Thermal time#
[1]:
import os
import copy
import datetime
import pandas as pd
import numpy as np
import matplotlib.pyplot as plt
plt.rcParams["figure.figsize"] = [5, 2]
from eocrops.inputs.meteoblue import WeatherDownload
from eocrops.climatools.format_data import WeatherPostprocess
from eocrops.climatools import resampling
from eocrops.tasks import curve_fitting
from eocrops.utils import base_functions as utils
from shapely.geometry import Point
/home/johann/anaconda3/envs/eo-crops/lib/python3.9/site-packages/tqdm/auto.py:21: TqdmWarning: IProgress not found. Please update jupyter and ipywidgets. See https://ipywidgets.readthedocs.io/en/stable/user_install.html
from .autonotebook import tqdm as notebook_tqdm
Load the file#
[12]:
# Define the path to get store the data
PATH_EXPERIMENT = os.path.join("../data", "experiments")
# Dates of interest
TIME_INTERVAL = ("2017-08-15", "2018-07-15")

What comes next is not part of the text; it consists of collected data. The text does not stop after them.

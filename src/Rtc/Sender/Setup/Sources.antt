-- ===== src/Rtc/Sender/Setup/Sources.antt =====
-- rtc/sender.go with rtc/receiver.go and main.go: where the feedback for SCReAM comes from.
use rtq_go_endpoint.Common.{ℕ, ◌+◌, ◌≡◌, refl, Bool, true, false, if◌then◌else◌}
use rtq_go_endpoint.Scream.Ntp.{stream_support_scream}
use rtq_go_endpoint.Session.{
  Controller, nocc, scream, scream_infer, naive_adaption, other_controller,
}
use rtq_go_endpoint.Rtc.Receiver.{
  Receiver, new_receiver, configure_scream_interceptor as receiver_scream,
  configure_rtp_log_interceptor as receiver_log,
}
use rtq_go_endpoint.Rtc.Sender.Setup.{
  Sender, configure_infering_scream_interceptor, configure_naive_bitrate_adaption,
  configure_scream_interceptor, start_accepting, configure_rtp_log_interceptor, configure_sender,
}

-- main.go, `receive`: the receiver for a controller.
unfoldable pub configure_receiver : Controller → Receiver
configure_receiver scream = receiver_scream (receiver_log new_receiver)
configure_receiver nocc = receiver_log new_receiver
configure_receiver scream_infer = receiver_log new_receiver
configure_receiver naive_adaption = receiver_log new_receiver
configure_receiver other_controller = receiver_log new_receiver

abbrev one_if : Bool → ℕ
one_if b = if b then 1 else 0

-- The ways on which feedback reaches the sender's interceptors: from the receiver, which makes it if its stream
-- supports SCReAM, by the goroutine that accepts it, and from the goroutine that infers it.
abbrev pub sources : Sender → Receiver → ℕ
sources s r =
    one_if (if s.is_accepting then stream_support_scream r.rtcp_feedback else false)
    + one_if s.is_inferring

-- Whether the controller is SCReAM.
unfoldable pub is_scream : Controller → Bool
is_scream scream = true
is_scream scream_infer = true
is_scream nocc = false
is_scream naive_adaption = false
is_scream other_controller = false

abbrev OneSource : Controller → Sender → Type 0
OneSource rtcc s =
    (stream_support_scream s.rtcp_feedback ≡ is_scream rtcc)
    × (sources s (configure_receiver rtcc) ≡ one_if (is_scream rtcc))

abbrev IfDone : Controller → Bool × Sender → Type 0
IfDone rtcc (false, s) = Unit
IfDone rtcc (true, s) = OneSource rtcc s

configured :
    (rtcc : Controller) (fails is_nil : Bool) → IfDone rtcc (configure_sender rtcc fails is_nil)
unfolding configure_sender configure_receiver is_scream configure_scream_interceptor
    configure_infering_scream_interceptor configure_naive_bitrate_adaption start_accepting
    configure_rtp_log_interceptor receiver_scream receiver_log stream_support_scream
configured scream true is_nil = tt
configured scream false true = tt
configured scream false false = (refl, refl)
configured scream_infer true is_nil = tt
configured scream_infer false is_nil = (refl, refl)
configured naive_adaption true is_nil = tt
configured naive_adaption false is_nil = (refl, refl)
configured nocc fails is_nil = (refl, refl)
configured other_controller fails is_nil = (refl, refl)
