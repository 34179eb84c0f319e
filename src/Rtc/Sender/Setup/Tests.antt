-- ===== src/Rtc/Sender/Setup/Tests.antt =====
-- rtc/sender.go with rtc/receiver.go: both ends of a session with `-cc scream`.
use rtq_go_endpoint.Common.{true, false, [], ◌∷◌}
use rtq_go_endpoint.Rtc.Sender.Setup.{
  Sender, scream_interceptor, rtp_log_interceptor, default_writer,
}

abbrev sender : Sender
sender = record {
  write_rtp = default_writer;
  rtcp_feedback = record { type = "ack"; parameter = "ccfb" } ∷ [];
  ir = scream_interceptor ∷ rtp_log_interceptor ∷ [];
  is_inferring = false;
  is_accepting = true;
  stats_loops = 1;
}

YEAR = TIME_INTERVAL[-1].split("-")[0]
if not os.path.exists(PATH_EXPERIMENT):
os.mkdir(PATH_EXPERIMENT)
[13]:
# Read the dataset
## Read the excel file
sentinel_data = pd.read_excel("../data/rapeseed_data_s1.xlsx")
sentinel_data = sentinel_data.sort_values(by=["ID", "band"])
## Define the features
features_data = [("DATA", f, f, "float32", 1) for f in sentinel_data["band"].unique()]
[14]:
## Define the meta data
### Get the informations regarding the location
meta_data = sentinel_data[["ID", "lon", "lat"]].drop_duplicates()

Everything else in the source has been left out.